Brief
The lines you return must be all those in the data that hold the string "cases".
[Supplied records]
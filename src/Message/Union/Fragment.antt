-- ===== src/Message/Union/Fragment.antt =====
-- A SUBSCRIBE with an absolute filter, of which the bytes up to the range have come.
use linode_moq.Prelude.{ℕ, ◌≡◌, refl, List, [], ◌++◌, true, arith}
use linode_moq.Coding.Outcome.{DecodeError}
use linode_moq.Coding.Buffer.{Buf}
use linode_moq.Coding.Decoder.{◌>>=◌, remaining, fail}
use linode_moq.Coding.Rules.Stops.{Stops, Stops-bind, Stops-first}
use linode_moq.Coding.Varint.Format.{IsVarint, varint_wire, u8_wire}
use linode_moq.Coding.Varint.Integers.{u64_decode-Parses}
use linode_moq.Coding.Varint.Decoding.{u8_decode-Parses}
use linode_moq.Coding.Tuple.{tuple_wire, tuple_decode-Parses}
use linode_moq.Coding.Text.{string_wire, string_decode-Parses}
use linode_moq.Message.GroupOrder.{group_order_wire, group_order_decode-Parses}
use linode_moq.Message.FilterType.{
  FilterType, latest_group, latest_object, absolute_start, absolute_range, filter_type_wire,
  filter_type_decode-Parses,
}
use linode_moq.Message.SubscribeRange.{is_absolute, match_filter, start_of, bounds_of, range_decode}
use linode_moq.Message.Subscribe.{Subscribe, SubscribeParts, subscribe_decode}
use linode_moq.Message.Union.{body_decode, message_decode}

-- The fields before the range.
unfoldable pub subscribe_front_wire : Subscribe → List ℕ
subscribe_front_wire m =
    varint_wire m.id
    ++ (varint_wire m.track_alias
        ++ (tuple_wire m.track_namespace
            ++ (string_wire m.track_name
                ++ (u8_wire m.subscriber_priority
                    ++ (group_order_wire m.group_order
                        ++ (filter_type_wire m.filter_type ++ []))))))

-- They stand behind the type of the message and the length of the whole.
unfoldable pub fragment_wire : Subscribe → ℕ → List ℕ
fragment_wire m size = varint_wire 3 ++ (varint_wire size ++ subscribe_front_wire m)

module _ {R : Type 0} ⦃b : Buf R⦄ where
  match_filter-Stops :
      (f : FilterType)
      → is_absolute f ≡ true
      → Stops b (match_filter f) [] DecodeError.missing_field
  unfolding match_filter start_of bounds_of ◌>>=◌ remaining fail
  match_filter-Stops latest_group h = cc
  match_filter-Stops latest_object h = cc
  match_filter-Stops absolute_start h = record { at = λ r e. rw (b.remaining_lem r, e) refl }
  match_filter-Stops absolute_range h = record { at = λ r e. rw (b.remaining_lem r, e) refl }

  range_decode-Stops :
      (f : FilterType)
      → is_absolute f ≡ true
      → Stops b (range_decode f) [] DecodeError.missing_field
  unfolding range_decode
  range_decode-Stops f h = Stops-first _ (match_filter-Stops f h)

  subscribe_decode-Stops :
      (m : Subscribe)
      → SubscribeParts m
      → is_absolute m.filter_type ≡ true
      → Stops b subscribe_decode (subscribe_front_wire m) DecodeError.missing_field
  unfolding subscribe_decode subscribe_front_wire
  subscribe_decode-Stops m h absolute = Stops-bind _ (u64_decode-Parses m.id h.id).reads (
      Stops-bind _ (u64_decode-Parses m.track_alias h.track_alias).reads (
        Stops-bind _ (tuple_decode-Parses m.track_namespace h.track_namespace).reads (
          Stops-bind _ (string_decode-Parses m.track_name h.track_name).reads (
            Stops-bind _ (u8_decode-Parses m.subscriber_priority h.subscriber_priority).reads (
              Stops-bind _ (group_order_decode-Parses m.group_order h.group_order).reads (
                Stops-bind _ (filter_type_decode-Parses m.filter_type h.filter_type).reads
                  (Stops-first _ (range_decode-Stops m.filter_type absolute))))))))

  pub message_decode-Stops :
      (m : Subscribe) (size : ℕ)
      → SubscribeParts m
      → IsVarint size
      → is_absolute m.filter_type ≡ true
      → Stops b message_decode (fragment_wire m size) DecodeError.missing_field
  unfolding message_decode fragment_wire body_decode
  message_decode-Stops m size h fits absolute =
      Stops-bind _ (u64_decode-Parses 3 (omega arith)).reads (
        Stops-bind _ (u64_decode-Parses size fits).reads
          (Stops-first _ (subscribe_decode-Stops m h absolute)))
[/Supplied records]
[Supplied records]
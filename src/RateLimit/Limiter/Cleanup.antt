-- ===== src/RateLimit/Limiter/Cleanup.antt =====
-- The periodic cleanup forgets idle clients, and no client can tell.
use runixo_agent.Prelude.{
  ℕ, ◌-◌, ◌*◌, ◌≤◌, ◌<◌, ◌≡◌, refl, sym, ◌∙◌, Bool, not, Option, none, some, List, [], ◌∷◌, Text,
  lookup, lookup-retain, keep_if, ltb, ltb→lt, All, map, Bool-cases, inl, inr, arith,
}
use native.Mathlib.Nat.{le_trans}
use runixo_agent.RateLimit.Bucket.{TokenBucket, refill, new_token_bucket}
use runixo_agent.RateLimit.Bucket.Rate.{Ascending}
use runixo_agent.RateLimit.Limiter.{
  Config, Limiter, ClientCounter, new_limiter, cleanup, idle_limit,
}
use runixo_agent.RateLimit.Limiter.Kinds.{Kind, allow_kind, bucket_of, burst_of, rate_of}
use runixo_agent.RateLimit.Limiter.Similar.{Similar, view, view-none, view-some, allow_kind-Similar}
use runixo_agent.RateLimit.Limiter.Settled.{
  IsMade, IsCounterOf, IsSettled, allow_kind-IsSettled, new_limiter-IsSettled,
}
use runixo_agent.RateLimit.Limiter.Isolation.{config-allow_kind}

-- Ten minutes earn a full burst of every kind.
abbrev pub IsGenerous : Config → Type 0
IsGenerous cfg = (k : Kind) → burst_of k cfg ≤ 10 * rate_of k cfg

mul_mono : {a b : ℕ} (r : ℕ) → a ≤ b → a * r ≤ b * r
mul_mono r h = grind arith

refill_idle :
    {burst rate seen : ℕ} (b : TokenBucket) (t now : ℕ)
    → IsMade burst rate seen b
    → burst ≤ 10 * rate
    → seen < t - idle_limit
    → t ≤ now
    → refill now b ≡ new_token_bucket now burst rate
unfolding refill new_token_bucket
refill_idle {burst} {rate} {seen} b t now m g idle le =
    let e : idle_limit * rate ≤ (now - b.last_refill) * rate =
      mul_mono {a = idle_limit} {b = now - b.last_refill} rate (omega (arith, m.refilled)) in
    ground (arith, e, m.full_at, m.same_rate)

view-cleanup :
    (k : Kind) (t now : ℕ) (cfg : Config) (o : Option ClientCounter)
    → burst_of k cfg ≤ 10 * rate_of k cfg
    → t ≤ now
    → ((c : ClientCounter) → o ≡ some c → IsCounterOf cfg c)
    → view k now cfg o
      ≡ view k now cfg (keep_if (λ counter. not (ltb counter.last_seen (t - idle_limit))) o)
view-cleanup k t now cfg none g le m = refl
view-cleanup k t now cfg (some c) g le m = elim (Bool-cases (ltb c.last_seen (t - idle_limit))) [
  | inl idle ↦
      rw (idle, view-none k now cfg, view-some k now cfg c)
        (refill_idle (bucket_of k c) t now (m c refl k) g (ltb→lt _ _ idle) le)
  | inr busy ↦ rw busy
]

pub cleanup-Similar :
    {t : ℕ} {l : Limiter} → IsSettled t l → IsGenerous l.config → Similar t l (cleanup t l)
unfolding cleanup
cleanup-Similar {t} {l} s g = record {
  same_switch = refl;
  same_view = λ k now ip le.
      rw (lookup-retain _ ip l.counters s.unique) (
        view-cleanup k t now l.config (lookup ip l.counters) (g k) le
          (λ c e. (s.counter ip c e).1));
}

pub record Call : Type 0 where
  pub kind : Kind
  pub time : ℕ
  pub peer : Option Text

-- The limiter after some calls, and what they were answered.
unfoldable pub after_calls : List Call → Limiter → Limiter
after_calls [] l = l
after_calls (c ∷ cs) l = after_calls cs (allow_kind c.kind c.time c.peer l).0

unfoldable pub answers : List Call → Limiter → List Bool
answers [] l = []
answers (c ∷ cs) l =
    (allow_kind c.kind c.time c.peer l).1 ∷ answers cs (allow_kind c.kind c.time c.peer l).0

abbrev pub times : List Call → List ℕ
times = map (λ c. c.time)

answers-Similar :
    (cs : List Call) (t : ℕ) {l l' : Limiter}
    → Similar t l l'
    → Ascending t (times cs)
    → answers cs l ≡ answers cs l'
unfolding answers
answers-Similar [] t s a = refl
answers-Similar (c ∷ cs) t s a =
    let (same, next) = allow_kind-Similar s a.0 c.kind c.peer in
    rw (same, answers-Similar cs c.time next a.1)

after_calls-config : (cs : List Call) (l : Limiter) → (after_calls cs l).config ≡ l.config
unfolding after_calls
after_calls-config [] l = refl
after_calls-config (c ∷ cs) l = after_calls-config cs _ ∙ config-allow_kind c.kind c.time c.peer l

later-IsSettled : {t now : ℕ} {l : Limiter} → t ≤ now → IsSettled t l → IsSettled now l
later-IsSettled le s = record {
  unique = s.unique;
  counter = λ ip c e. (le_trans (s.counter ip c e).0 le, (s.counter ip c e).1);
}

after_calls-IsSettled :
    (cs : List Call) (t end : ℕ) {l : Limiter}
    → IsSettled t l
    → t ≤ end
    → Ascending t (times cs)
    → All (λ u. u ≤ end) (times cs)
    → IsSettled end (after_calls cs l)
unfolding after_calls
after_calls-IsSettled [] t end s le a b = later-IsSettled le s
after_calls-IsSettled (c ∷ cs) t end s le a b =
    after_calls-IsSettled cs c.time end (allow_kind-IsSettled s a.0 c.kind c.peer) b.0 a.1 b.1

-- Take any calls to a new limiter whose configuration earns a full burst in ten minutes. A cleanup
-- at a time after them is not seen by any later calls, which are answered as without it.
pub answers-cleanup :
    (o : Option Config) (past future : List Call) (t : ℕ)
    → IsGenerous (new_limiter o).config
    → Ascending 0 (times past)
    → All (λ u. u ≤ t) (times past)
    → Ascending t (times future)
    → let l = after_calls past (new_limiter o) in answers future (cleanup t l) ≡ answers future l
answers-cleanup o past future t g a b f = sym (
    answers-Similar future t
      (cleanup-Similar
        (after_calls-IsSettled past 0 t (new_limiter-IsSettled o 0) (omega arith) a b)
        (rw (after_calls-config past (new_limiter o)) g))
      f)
[/Supplied records]
Answer section
  lookup, lookup-retain, keep_if, ltb, ltb→lt, All, map, Bool-cases, inl, inr, arith,
view-cleanup k t now cfg (some c) g le m = elim (Bool-cases (ltb c.last_seen (t - idle_limit))) [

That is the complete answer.